Un riconoscimento, molto minimalista in realtà, si è concretizzato con la carta del docente ed in quella specie di premio di produzione che è il bonus al merito. Quest’ultimo, così come è stato gestito, più che a stimolare i docenti ad un impegno maggiore riconoscendo la loro disponibilità e le loro competenze, è servito solo a creare tensioni all’interno della stessa classe docente. Infatti, non è cosa facile stilare criteri oggettivi di merito, ed ancora più difficile è, da parte dei docenti, accettarli. Perché non bisogna nascondere il fatto che anche i docenti hanno le loro colpe.

Nel corso degli anni, infatti, gli insegnanti si sono adeguati, accettandolo, all’andazzo che altri hanno imposto, salvo ritrovarsi, oggi, in una grave crisi di identità. Questa, a sua volta, comporta una demotivazione che rende il lavoro del docente una fatica, denaturando una professione che della felicità, dell’entusiasmo e della motivazione fa il fulcro su cui ruota tutta la sua attività.

È stato innescato un circolo vizioso tra stipendio non adeguato e minore impegno, per cui l’effetto giustifica la causa.

L’unica strada per uscire dal budello in cui ci troviamo a brancolare è quello che porta a riappropriarsi della propria identità professionale. È una scelta etica. Si tratta di mettere la propria missione istitutiva al primo posto. Bisogna trovare la forza necessaria per non cedere alla tentazione di lasciare che il mondo ada nella direzione del baratro formativo e culturale che fa comodo a chi ha in mano il potere politico e, soprattutto, economico ed a cui fa comodo avere a disposizione persone facilmente manovrabili perché prive di spirito critico.

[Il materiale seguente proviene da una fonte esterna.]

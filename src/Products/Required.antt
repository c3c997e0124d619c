-- ===== src/Products/Required.antt =====
-- `setRequireSignedUpdates` of app/services/software_service.ts, and what it checks before it turns
-- the requirement on.
use mathlib.Core.List.{reverse, reverse_aux}
use reeva.Prelude.{
  inl, inr, ◌⊎◌, refl, ◌≡◌, Bool, true, false, not, ◌&&◌, ◌||◌, Option, none, some, List, [], ◌∷◌,
  Text, lit, same, truthy, is_none, ◌==◌, if◌then◌else◌, length, find, find-some, ==→eq, ==_refl,
  same→eq, sym, ap, select, mem-select, mem-select_intro, exists_of_mem, Memᴰ, All, All-mem,
  and_left, and_right, Result, ok, err, or_fail, require, ◌>>=◌, ◌>>◌, >>=-eq-ok, or_fail-eq-ok,
  require-eq-ok, require_ok,
}
use reeva.Model.{Uuid, Software, SigningKey, Version, Artifact, Catalog}
use reeva.Input.{Value, bool, text}
use reeva.Signature.{Codec, Crypto, load, create_payload, verify_signature}
use reeva.Products.{
  Error, not_found, no_active_key, unsigned_release, incomplete_release, find_software, save, is_of,
  active_keys,
}

-- `input === true || input === 'on' || input === 'true' || input === '1'`
abbrev pub is_required : Value → Bool
is_required (bool b) = b
is_required (text s) = same s (lit "on") || same s (lit "true") || same s (lit "1")
is_required _ = false

abbrev pub complete {ℓ} : {E A : Type ℓ} → Result E A → Option A
complete (err e) = none
complete (ok a) = some a

-- `keysById.get(keyId)`: in a `Map` the last row of an id counts
unfoldable pub key_by_id : List SigningKey → Option Text → Option SigningKey
key_by_id keys none = none
key_by_id keys (some []) = none
key_by_id keys (some (u ∷ s)) = find (λ (k : SigningKey). same k.key_id (u ∷ s)) (reverse keys)

-- The check of one release; its payload is made first, which may throw
unfoldable pub check_release :
    Codec → Crypto → Catalog → List SigningKey → Artifact → Result Error Unit
check_release codec crypto c keys a = do
  payload ← or_fail (complete (create_payload codec (load c a))) incomplete_release
  require (truthy a.signature) unsigned_release
  key ← or_fail (key_by_id keys a.signature_key_id) unsigned_release
  require (verify_signature crypto payload a.signature key.public_key) unsigned_release

-- The loop over the releases
unfoldable pub check_releases :
    Codec → Crypto → Catalog → List SigningKey → List Artifact → Result Error Unit
check_releases codec crypto c keys [] = ok tt
check_releases codec crypto c keys (a ∷ rest) =
    check_release codec crypto c keys a >>= λ u. check_releases codec crypto c keys rest

-- The published releases of the product's active versions
unfoldable pub releases_of : Catalog → Uuid → List Artifact
releases_of c software =
    select
      (λ (a : Artifact).
        a.is_published && not a.is_archived && is_none a.deleted_at && is_of c software true a)
      c.artifacts

-- The checks of a product that is to require signatures
unfoldable pub check_required : Codec → Crypto → Catalog → Uuid → Result Error Unit
check_required codec crypto c software = do
  require (not (length (active_keys c software) == 0)) no_active_key
  check_releases codec crypto c (active_keys c software) (releases_of c software)

-- `setRequireSignedUpdates`
unfoldable pub set_require_signed_updates :
    Codec → Crypto → Catalog → Uuid → Value → Result Error (List Software)
set_require_signed_updates codec crypto c software_id input = do
  s ← or_fail (find_software c.software software_id) not_found
  if is_required input then check_required codec crypto c s.id else ok tt
  ok (save (record s { require_signed_updates = is_required input }) c.software)

-- A release that must be signed: published, not archived and not deleted, of an active version
pub record IsRelease (c : Catalog) (software : Uuid) (a : Artifact) : Type 0 where
  pub listed : Memᴰ a c.artifacts
  pub published : a.is_published ≡ true
  pub unarchived : a.is_archived ≡ false
  pub live : a.deleted_at ≡ none
  pub version : Version
  pub version_listed : Memᴰ version c.versions
  pub version_of : (version.id ≡ a.version_id) × (version.software_id ≡ software)
  pub version_active : version.is_active ≡ true

-- A release that an active key of the product, the one it names, verifies as it stands
pub record IsVerified (codec : Codec) (crypto : Crypto) (c : Catalog) (software : Uuid)
    (a : Artifact) : Type 0 where
  pub payload : Text
  pub key : SigningKey
  pub made : create_payload codec (load c a) ≡ ok payload
  pub key_listed : Memᴰ key c.keys
  pub key_of : key.software_id ≡ software
  pub key_active : key.is_active ≡ true
  pub named : a.signature_key_id ≡ some key.key_id
  pub verified : verify_signature crypto payload a.signature key.public_key ≡ true

IsRelease-mem :
    (c : Catalog) (software : Uuid) (a : Artifact)
    → IsRelease c software a
    → Memᴰ a (releases_of c software)
unfolding releases_of is_of
IsRelease-mem c software a r =
    let versions =
      exists_of_mem
        (λ (v : Version).
          v.id == a.version_id && v.software_id == software && (not true || v.is_active))
        c.versions r.version_listed
        (rw
          (r.version_of.0, r.version_of.1, r.version_active, ==_refl a.version_id, ==_refl software)
          refl) in
    mem-select_intro _ c.artifacts r.listed (rw (r.published, r.unarchived, r.live) versions)

mem_of_reverse_aux :
    {A : Type 0} (xs ys : List A) {a : A} → Memᴰ a (reverse_aux xs ys) → Memᴰ a xs ⊎ Memᴰ a ys
unfolding reverse_aux
mem_of_reverse_aux [] ys m = inr m
mem_of_reverse_aux (x ∷ xs) ys m = elim (mem_of_reverse_aux xs (x ∷ ys) m) [
  | inl n ↦ inl (Memᴰ.tail n)
  | inr n ↦ elim n [ Memᴰ.head e ↦ inl (Memᴰ.head e) | Memᴰ.tail o ↦ inr o ]
]

mem_of_reverse : {A : Type 0} (xs : List A) {a : A} → Memᴰ a (reverse xs) → Memᴰ a xs
unfolding reverse
mem_of_reverse xs m = elim (mem_of_reverse_aux xs [] m) [ inl n ↦ n | inr n ↦ elim n [ ] ]

-- A key that is found is one of the list, with the id the release names.
key_by_id-mem :
    (keys : List SigningKey) (id : Option Text) (k : SigningKey)
    → key_by_id keys id ≡ some k
    → Memᴰ k keys × (id ≡ some k.key_id)
unfolding key_by_id
key_by_id-mem keys none k e = absurd (cc e)
key_by_id-mem keys (some []) k e = absurd (cc e)
key_by_id-mem keys (some (u ∷ s)) k e =
    let (m, t) = find-some (λ (k : SigningKey). same k.key_id (u ∷ s)) (reverse keys) e in
    (mem_of_reverse keys m, ap some (sym (same→eq k.key_id (u ∷ s) t)))

complete-eq-ok : {E A : Type 0} (r : Result E A) (a : A) → complete r ≡ some a → r ≡ ok a
complete-eq-ok (err e) a h = absurd (cc h)
complete-eq-ok (ok x) a h = ap ok (cc h)

check_release-IsVerified :
    (codec : Codec) (crypto : Crypto) (c : Catalog) (software : Uuid) (a : Artifact)
    → check_release codec crypto c (active_keys c software) a ≡ ok tt
    → IsVerified codec crypto c software a
unfolding check_release active_keys
check_release-IsVerified codec crypto c software a h =
    let keys = select (λ (k : SigningKey). k.software_id == software && k.is_active) c.keys in
    let (p, e1, h1) =
      or_fail-eq-ok (complete (create_payload codec (load c a))) incomplete_release _ h in
    let (t, h2) = require-eq-ok (truthy a.signature) unsigned_release _ h1 in
    let (k, e2, h3) = or_fail-eq-ok (key_by_id keys a.signature_key_id) unsigned_release _ h2 in
    let (m, n) = key_by_id-mem keys a.signature_key_id k e2 in
    let (l, b) =
      mem-select (λ (k : SigningKey). k.software_id == software && k.is_active) c.keys m in
    record {
      payload = p;
      key = k;
      made = complete-eq-ok (create_payload codec (load c a)) p e1;
      key_listed = l;
      key_of = ==→eq k.software_id software (and_left (k.software_id == software) k.is_active b);
      key_active = and_right (k.software_id == software) k.is_active b;
      named = n;
      verified = require_ok _ unsigned_release h3;
    }

check_releases-All :
    (codec : Codec) (crypto : Crypto) (c : Catalog) (software : Uuid) (rows : List Artifact)
    → check_releases codec crypto c (active_keys c software) rows ≡ ok tt
    → All (IsVerified codec crypto c software) rows
unfolding check_releases
check_releases-All codec crypto c software [] h = tt
check_releases-All codec crypto c software (a ∷ rows) h =
    let (u, e, h1) = >>=-eq-ok (check_release codec crypto c (active_keys c software) a) _ h in
    (
      check_release-IsVerified codec crypto c software a e,
      check_releases-All codec crypto c software rows h1,
    )

software-id :
    (c : Catalog) (id : Uuid) (s : Software) → find_software c.software id ≡ some s → s.id ≡ id
unfolding find_software
software-id c id s e = ==→eq s.id id (find-some (λ (s : Software). s.id == id) c.software e).1

checked :
    (codec : Codec) (crypto : Crypto) (c : Catalog) (software i : Uuid) (input : Value)
    → is_required input ≡ true
    → i ≡ software
    → (if is_required input then check_required codec crypto c i else ok tt) ≡ ok tt
    → All (IsVerified codec crypto c software) (releases_of c software)
unfolding check_required
checked codec crypto c software i input t e h =
    let (g, h1) =
      require-eq-ok (not (length (active_keys c software) == 0)) no_active_key _ (rw (t, e) at h) in
    check_releases-All codec crypto c software (releases_of c software) h1

-- The requirement of signed updates is turned on only if every release of the product that is
-- published, neither archived nor deleted and of an active version names an active key of the
-- product, and carries a signature that this key verifies over the release as it stands.
pub set_require_signed_updates-All :
    (codec : Codec) (crypto : Crypto) (c : Catalog) (software : Uuid) (input : Value)
    (rows : List Software) (a : Artifact)
    → is_required input ≡ true
    → set_require_signed_updates codec crypto c software input ≡ ok rows
    → IsRelease c software a
    → IsVerified codec crypto c software a
unfolding set_require_signed_updates
set_require_signed_updates-All codec crypto c software input rows a t h r =
    let (s, e, h1) = or_fail-eq-ok (find_software c.software software) not_found _ h in
    let (u, e2, h2) =
      >>=-eq-ok (if is_required input then check_required codec crypto c s.id else ok tt) _ h1 in
    All-mem _ (releases_of c software)
      (checked codec crypto c software s.id input t (software-id c software s e) e2)
      (IsRelease-mem c software a r)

Oggi più che mai, invece, il docente che vuole riappropriarsi del suo ruolo deve aiutare gli alunni a sviluppare il loro spirito critico, deve promuovere il pensiero libero, combattendo il pensiero unico, combattendo la tentazione di lasciarsi trascinare dalla corrente qualunquista e massificante promossa e gestita ad arte dai grandi burattinai che ci vogliono asserviti alle loro mire ed ai loro fini.

Non è impresa facile né priva di insidie, ma è l’unica in grado di vivificare un rapporto professionale pesantemente e costantemente sotto attacco.